● **How to complete this task**:
Return every line from the one with "(bound (called c" through the one with "status_known (returned status)", inclusive, exactly as it appears below.
'''
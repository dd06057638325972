-- ===== src/Runtime/Flows/Tasks/Cancelled.antt =====
-- A cancellation that raises, and one that the adapter accepts (agent_ros/runtime/controller.py).
use ros2_agent_workflow.Common.{
  ◌≡◌, ◌≢◌, refl, inl, inr, String, none, Result, ok, err, Bool-cases, same_text,
}
use ros2_agent_workflow.Safety.{running, same_state}
use ros2_agent_workflow.Gateway.{SafetyTransition}
use ros2_agent_workflow.Audit.Schema.{AuditOperation, AuditOutcome}
use ros2_agent_workflow.Runtime.Errors.{
  RuntimeError, Raised, runtime_raised, adapter_raised, safety_raised, other_raised, CallResult,
  returned, adapter_error, raised, unsafe_state,
}
use ros2_agent_workflow.Runtime.Flows.{
  World, Runtime, AdapterStatus, bound, raise_code, interfere, state, gateway_cancel,
}
use ros2_agent_workflow.Runtime.Flows.Append.{append_transition, latch_adapter_fault}
use ros2_agent_workflow.Runtime.Flows.Keeps.{
  passive_act, passive_act-Own, Passive, bound-kept, append-Keeps, interfere-kept,
}
use ros2_agent_workflow.Runtime.Flows.Latches.{Halted, Halted-Stable}
use ros2_agent_workflow.Runtime.Flows.Ends.{
  Ends, Ends-err, Ends-Halted, latch-Halted, gateway_cancel-Halted,
}
use ros2_agent_workflow.Runtime.Flows.Requests.{Answers, unavailable, caught, latch_then}
use ros2_agent_workflow.Runtime.Flows.Terminal.{called}
use ros2_agent_workflow.Runtime.Flows.Tasks.{
  Cancelling, done, waiting, require_running, cancel_answered, cancel_known, cancel_body,
  cancel_handler, cancel_caught, append_cancelled, set_cancel, cancel_end, cancel_in, cancel_task,
}
use ros2_agent_workflow.Runtime.Flows.Tasks.Halts.{not_running}

abbrev On : Runtime → Type 0
On rt = Halted rt.system.gateway

-- Where the flow raises, or has cancelled, the gateway does not run.
abbrev Cancelled : Runtime × Result Raised (String × Cancelling) → Type 0
Cancelled (rt, err e) = On rt
Cancelled (rt, ok (answer, done t)) = On rt
Cancelled (rt, ok (answer, waiting)) = Unit {0}

-- The same before the answer is added.
abbrev Answered : Runtime × Result Raised Cancelling → Type 0
Answered (rt, err e) = On rt
Answered (rt, ok (done t)) = On rt
Answered (rt, ok waiting) = Unit {0}

module _ (w : World) (a : Answers) (q : Passive w) where
  latch_then-Halted :
      (A : Type 0) (code : RuntimeError) (rt : Runtime) → On (latch_then w a {A = A} code rt).0
  unfolding latch_then
  latch_then-Halted A code rt =
      bound-kept passive_act passive_act-Own Halted Halted-Stable (latch_adapter_fault w rt)
        (λ _. raise_code {A = A} code) (latch-Halted w rt q) (λ _ rt' h. h)

  Answered-halted : (o : Runtime × Result Raised Cancelling) → On o.0 → Answered o
  Answered-halted (rt, err e) h = h
  Answered-halted (rt, ok (done t)) h = h
  Answered-halted (rt, ok waiting) h = tt

  Cancelled-halted : (o : Runtime × Result Raised (String × Cancelling)) → On o.0 → Cancelled o
  Cancelled-halted (rt, err e) h = h
  Cancelled-halted (rt, ok (answer, done t)) h = h
  Cancelled-halted (rt, ok (answer, waiting)) h = tt

  done_kept :
      (o : Runtime × Result Raised SafetyTransition)
      → On o.0
      → On (bound o (λ t rt. (rt, ok (done t)))).0
  done_kept (rt, err e) h = h
  done_kept (rt, ok t) h = h

  cancel_answered-Answered :
      (answer : String) (rt : Runtime) → Answered (cancel_answered w a answer rt)
  unfolding cancel_answered
  cancel_answered-Answered answer rt = elim (Bool-cases (same_text answer "faulted")) [
    | inl e ↦ rw (e) (
        Answered-halted (latch_then w a unsafe_state rt)
          (latch_then-Halted Cancelling unsafe_state rt))
    | inr e ↦ elim (Bool-cases (same_text answer "cancelled")) [
      | inl f ↦
          rw (e, f)
            (Answered-halted (bound (gateway_cancel w rt) (λ t rt'. (rt', ok (done t))))
              (done_kept (gateway_cancel w rt) (gateway_cancel-Halted w rt q)))
      | inr f ↦ rw (e, f) tt
    ]
  ]

  add_answer :
      (answer : String) (o : Runtime × Result Raised Cancelling)
      → Answered o
      → Cancelled (bound o (λ c rt. (rt, ok (answer, c))))
  add_answer answer (rt, err e) h = h
  add_answer answer (rt, ok (done t)) h = h
  add_answer answer (rt, ok waiting) h = tt

  cancel_known-Cancelled :
      (status : AdapterStatus) (rt : Runtime)
      → Cancelled (cancel_known w a status rt.system.gateway.state rt)
  unfolding cancel_known require_running
  cancel_known-Cancelled status rt =
      elim (Bool-cases (same_state rt.system.gateway.state running)) [
        | inl e ↦ rw (e) (
            add_answer status.state (cancel_answered w a status.state rt)
              (cancel_answered-Answered status.state rt))
        | inr e ↦ rw (e) (not_running rt.system.gateway e)
      ]

  handler-Halted :
      (e : Raised) (rt : Runtime)
      → ((code : RuntimeError) → e ≡ runtime_raised code → On rt)
      → On (cancel_handler w a e rt).0
  unfolding cancel_handler
  handler-Halted (adapter_raised code) rt h = latch_then-Halted (String × Cancelling) _ rt
  handler-Halted (safety_raised e) rt h = latch_then-Halted (String × Cancelling) _ rt
  handler-Halted (runtime_raised code) rt h = h code refl
  handler-Halted other_raised rt h = latch_then-Halted (String × Cancelling) _ rt

  caught-Cancelled :
      (o : Runtime × Result Raised (String × Cancelling))
      → Cancelled o
      → Cancelled (caught o (cancel_handler w a))
  caught-Cancelled (rt, ok (answer, done t)) h = h
  caught-Cancelled (rt, ok (answer, waiting)) h = tt
  caught-Cancelled (rt, err e) h =
      Cancelled-halted (cancel_handler w a e rt) (handler-Halted e rt (λ code k. h))

  status_known :
      (c : CallResult AdapterStatus) (rt : Runtime)
      → Cancelled (
          caught
            (bound (called c rt) (λ status rt'.
              cancel_known w a status (interfere w rt').system.gateway.state (interfere w rt')))
            (cancel_handler w a))
  status_known (returned status) rt =
      caught-Cancelled (cancel_known w a status _ (interfere w rt))
        (cancel_known-Cancelled status (interfere w rt))
  status_known (adapter_error code) rt =
      Cancelled-halted (cancel_handler w a (adapter_raised code) rt)
        (handler-Halted (adapter_raised code) rt (λ code' k. cc))
  status_known raised rt =
      Cancelled-halted (cancel_handler w a other_raised rt)
        (handler-Halted other_raised rt (λ code' k. cc))

  cancel_caught-Cancelled : (rt : Runtime) → Cancelled (cancel_caught w a rt)
  unfolding cancel_caught cancel_body state
  cancel_caught-Cancelled rt = status_known a.cancelled rt

  -- A finished cancellation: an answer that is still waiting raises nothing.
  cancel_end-Cancelled :
      (o : Runtime × Result Raised (String × Cancelling))
      → Cancelled o
      → Ends (λ _ rt. On rt) (bound o (cancel_end w a))
  unfolding cancel_end append_cancelled set_cancel state
  cancel_end-Cancelled (rt, err e) h = h
  cancel_end-Cancelled (rt, ok (answer, waiting)) h = tt
  cancel_end-Cancelled (rt, ok (answer, done t)) h =
      Ends-Halted (λ _ rt'. On rt') (cancel_end w a (answer, done t) rt) (λ e rt' k. k)
        (bound-kept passive_act passive_act-Own Halted Halted-Stable
          (append_transition w AuditOperation.cancel t none AuditOutcome.ok _) _
          (append-Keeps passive_act passive_act-Own Halted Halted-Stable w AuditOperation.cancel t
            none AuditOutcome.ok q _
            (interfere-kept passive_act passive_act-Own Halted Halted-Stable w rt q h))
          (λ _ rt' k. interfere-kept passive_act passive_act-Own Halted Halted-Stable w rt' q k))

  cancel_in-Halted :
      (rt : Runtime) → Ends (λ _ rt'. On rt') (cancel_in w a rt.system.gateway.state rt)
  unfolding cancel_in require_running
  cancel_in-Halted rt = elim (Bool-cases (same_state rt.system.gateway.state running)) [
    | inl e ↦ rw (e) (cancel_end-Cancelled (cancel_caught w a rt) (cancel_caught-Cancelled rt))
    | inr e ↦ rw (e) (not_running rt.system.gateway e)
  ]

-- A cancellation that raises on a runtime that is available leaves the gateway outside RUNNING,
-- whatever the adapter answers and the audit does, as long as no other thread resets the gateway or
-- starts a task.
pub cancel_task_halts :
    (w : World) (a : Answers) (rt : Runtime)
    → Passive w
    → unavailable rt ≡ none
    → (e : Raised) → (cancel_task w a rt).1 ≡ err e
    → (cancel_task w a rt).0.system.gateway.state ≢ running
unfolding cancel_task state
cancel_task_halts w a rt q h e k =
    Ends-err (λ _ rt'. On rt') (cancel_task w a rt) e k
      (rw (h) (cancel_in-Halted w a q (interfere w rt)))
'''
● **Answer for the task**:
            (bound (called c rt) (λ status rt'.
              cancel_known w a status (interfere w rt').system.gateway.state (interfere w rt')))
            (cancel_handler w a))
  status_known (returned status) rt =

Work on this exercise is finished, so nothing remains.